▶ **Your goal**:
Go through the data below and copy each line where the word "loaded" occurs.

▶ **Task data**:
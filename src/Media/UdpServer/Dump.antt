-- ===== src/Media/UdpServer/Dump.antt =====
-- media/udpserver.cpp: what the file holds after the loop.
use webrtc_snippets.Common.{
  ℕ, zero, suc, ◌+◌, ◌-◌, ◌≤◌, ◌<◌, ◌≡◌, inl, inr, refl, sym, ap, ◌∙◌, arith, true, false, ◌||◌,
  some, List, [], ◌∷◌, ◌++◌, map, append-nil, append_assoc, ◌==◌, ltb, if◌then◌else◌, length, drop,
  take, All, Bool-cases, length-append, take-length, All-take, All-drop, All-append, length-take,
  ltb→lt, lt→ltb,
}
use webrtc_snippets.Common.Bytes.{Bytes, concat, overwrite, codes}
use webrtc_snippets.Common.Bytes.Overwrite.{length-overwrite}
use webrtc_snippets.Media.RtpUtil.{rtp_header_extension_length, raw32, dump_rtp_to_file}
use webrtc_snippets.Media.RtpUtil.Fields.{
  AreBytes, rtp_header_extension_length-front, write_octets-take,
}
use webrtc_snippets.Media.RtpUtil.Text.{longest_header, rtp_text, dump_rtp_packet-rtp_text}
use webrtc_snippets.Media.UdpServer.{UdpServer, buflen, on_packet, on_receive, run}

-- A packet in the dump.
abbrev pub frame : Bytes → Bytes
frame p = codes "DUMP" ++ raw32 (length p) ++ p

-- The packets that are longer than twelve bytes, as far as the buffer has room.
abbrev pub accepted : List Bytes → List Bytes
accepted [] = []
accepted (d ∷ later) =
    if ltb 12 (length (take buflen d)) then take buflen d ∷ accepted later else accepted later

-- A packet whose header ends in the packet, and is short enough to be printed.
abbrev pub IsPrintable : Bytes → Type 0
IsPrintable p = (size : ℕ) × (rtp_header_extension_length p ≡ some size) × (size ≤ longest_header)

abbrev pub ArePackets : List Bytes → Type 0
ArePackets = All (λ d. AreBytes d × (12 < length (take buflen d) → IsPrintable (take buflen d)))

abbrev pub IsReady : UdpServer → Type 0
IsReady s = (length s.buf ≡ buflen) × AreBytes s.buf × (s.exited ≡ false)

-- A packet was printed and dumped.
abbrev with_frame : UdpServer → Bytes → Bytes → UdpServer
with_frame s got text = record s {
  n_count = s.n_count - 1;
  printed = s.printed ++ text ∷ [];
  ofs = s.ofs ++ frame got;
}

module _ (got rest : Bytes) (s : UdpServer) (loaded : s.buf ≡ got ++ rest) where
  -- A long packet is printed and dumped.
  on_packet-frame :
      AreBytes s.buf
      → 12 < length got
      → length got < 4294967296
      → IsPrintable got
      → (text : Bytes) × (on_packet s (length got) ≡ some (with_frame s got text))
  unfolding on_packet dump_rtp_to_file
  on_packet-frame v more few (size, e, short) =
      let long = length-append got rest in
      let measured : length s.buf ≡ length (got ++ rest) = ap length loaded in
      let whole : rtp_header_extension_length s.buf ≡ some size =
        ap rtp_header_extension_length loaded ∙ rtp_header_extension_length-front got rest size e in
      let packet : take (length got) s.buf ≡ got =
        ap (take (length got)) loaded ∙ take-length got rest in
      (
        rtp_text s.buf size (length got),
        rw
            (
              lt→ltb 12 (length got) more,
              dump_rtp_packet-rtp_text s.buf size (length got) v more (omega arith) few whole short,
              write_octets-take (length got) s.buf (s.ofs ++ codes "DUMP" ++ raw32 (length got))
                  (omega arith),
              packet,
              append_assoc (s.ofs ++ codes "DUMP") (raw32 (length got)) got,
              append_assoc s.ofs (codes "DUMP") (raw32 (length got) ++ got),
            )
            refl,
      )

on_packet_short : (s : UdpServer) (n : ℕ) → ltb 12 n ≡ false → on_packet s n ≡ some s
unfolding on_packet
on_packet_short s n small = rw small refl

-- The buffer after a datagram: its front is what was received.
abbrev received : UdpServer → Bytes → UdpServer
received s got = record s { buf = overwrite 0 got s.buf; pkt_count = s.pkt_count + 1 }

received-IsReady :
    (s : UdpServer) (got : Bytes)
    → IsReady s
    → AreBytes got
    → length got ≤ buflen
    → IsReady (received s got)
unfolding overwrite
received-IsReady s got (size, v, running) w p = (
  length-overwrite 0 got s.buf (omega arith) ∙ size,
  All-append (λ c. c < 256) got (drop (0 + length got) s.buf) w
      (All-drop (λ c. c < 256) (0 + length got) s.buf v),
  running,
)

-- The state after so many datagrams: the file has the packets that were accepted, as far as they
-- were wanted.
abbrev pub HasDumped : UdpServer → List Bytes → UdpServer → Type 0
HasDumped s ds t =
    (t.ofs ≡ s.ofs ++ concat (map frame (take s.n_count (accepted ds))))
    × (t.n_count ≡ s.n_count - length (accepted ds))
    × (t.exited ≡ false)

take-pos : (n : ℕ) (p : Bytes) (ps : List Bytes) → 0 < n → take n (p ∷ ps) ≡ p ∷ take (n - 1) ps
take-pos zero p ps more = absurd (omega arith)
take-pos (suc n) p ps more = ap (λ k. p ∷ take k ps) {x = n} {y = suc n - 1} (omega arith)

take-none : (n : ℕ) → take {A = Bytes} n [] ≡ []
take-none zero = refl
take-none (suc n) = refl

module _ (s u t : UdpServer) (d : Bytes) (ds : List Bytes) where
  HasDumped-accepted :
      ltb 12 (length (take buflen d)) ≡ true
      → 0 < s.n_count
      → u.ofs ≡ s.ofs ++ frame (take buflen d)
      → u.n_count ≡ s.n_count - 1
      → HasDumped u ds t
      → HasDumped s (d ∷ ds) t
  HasDumped-accepted long more file left (dumped, count, running) =
      let got = take buflen d in
      rw long (
        dumped
            ∙ ap (λ k. u.ofs ++ concat (map frame (take k (accepted ds)))) left
            ∙ ap (λ b. b ++ concat (map frame (take (s.n_count - 1) (accepted ds)))) file
            ∙ append_assoc s.ofs (frame got)
                (concat (map frame (take (s.n_count - 1) (accepted ds))))
            ∙ ap (λ ps. s.ofs ++ concat (map frame ps))
                (sym (take-pos s.n_count got (accepted ds) more)),
        omega arith,
        running,
      )

  HasDumped-passed :
      ltb 12 (length (take buflen d)) ≡ false
      → u.ofs ≡ s.ofs
      → u.n_count ≡ s.n_count
      → HasDumped u ds t
      → HasDumped s (d ∷ ds) t
  HasDumped-passed small file left (dumped, count, running) = rw small (
    dumped
        ∙ ap (λ k. u.ofs ++ concat (map frame (take k (accepted ds)))) left
        ∙ ap (λ b. b ++ concat (map frame (take s.n_count (accepted ds)))) file,
    omega arith,
    running,
  )

-- In a state that goes on: what one datagram does, and how it adds to what the later ones do.
on_receive-HasDumped :
    (s : UdpServer) (d : Bytes) (ds : List Bytes)
    → IsReady s
    → AreBytes d × (12 < length (take buflen d) → IsPrintable (take buflen d))
    → 0 < s.n_count
    → (u : UdpServer) × (on_receive s (some d) ≡ some u)
      × IsReady u
      × ((t : UdpServer) → HasDumped u ds t → HasDumped s (d ∷ ds) t)
unfolding on_receive overwrite
on_receive-HasDumped s d ds ready (w, printable) more =
    let got = take buflen d in
    let size = length-take buflen d in
    let next = received-IsReady s got ready (All-take (λ c. c < 256) buflen d w) (omega arith) in
    elim (Bool-cases (ltb 12 (length got))) [
      | inl long ↦
          let (text, e) =
            on_packet-frame got (drop (0 + length got) s.buf) (received s got) refl next.1
              (ltb→lt 12 (length got) long) (omega arith)
              (printable (ltb→lt 12 (length got) long)) in
          let u = with_frame (received s got) got text in
          (u, e, next, λ t. HasDumped-accepted s u t d ds long more refl refl)
      | inr small ↦ (
        received s got,
        on_packet_short (received s got) (length got) small,
        next,
        λ t. HasDumped-passed s (received s got) t d ds small refl refl,
      )
    ]

pub run-HasDumped :
    (ds : List Bytes) (s : UdpServer)
    → IsReady s
    → ArePackets ds
    → (t : UdpServer) × (run s (map some ds) ≡ some t) × HasDumped s ds t
unfolding run
run-HasDumped [] s ready v = (
  s,
  refl,
  (
    sym (ap (λ ps. s.ofs ++ concat (map frame ps)) (take-none s.n_count) ∙ append-nil s.ofs),
    omega arith,
    ready.2,
  ),
)
run-HasDumped (d ∷ ds) s ready v = elim (Bool-cases (s.n_count == 0)) [
  | inl ended ↦ (
    s,
    rw ended refl,
    (
      sym (
          ap (λ k. s.ofs ++ concat (map frame (take k (accepted (d ∷ ds))))) {x = s.n_count} {y = 0}
            (ground (arith, ended))
          ∙ append-nil s.ofs),
      ground (arith, ended),
      ready.2,
    ),
  )
  | inr wanted ↦
      let (u, e, next, adds) = on_receive-HasDumped s d ds ready v.0 (ground (arith, wanted)) in
      let (t, done, dumped) = run-HasDumped ds u next v.1 in
      let goes : (s.n_count == 0 || s.exited) ≡ false = rw wanted ready.2 in
      (t, rw (goes, e) done, adds t dumped)
]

▶ **Response for this exercise**:
module _ (got rest : Bytes) (s : UdpServer) (loaded : s.buf ≡ got ++ rest) where
      let measured : length s.buf ≡ length (got ++ rest) = ap length loaded in
        ap rtp_header_extension_length loaded ∙ rtp_header_extension_length-front got rest size e in
        ap (take (length got)) loaded ∙ take-length got rest in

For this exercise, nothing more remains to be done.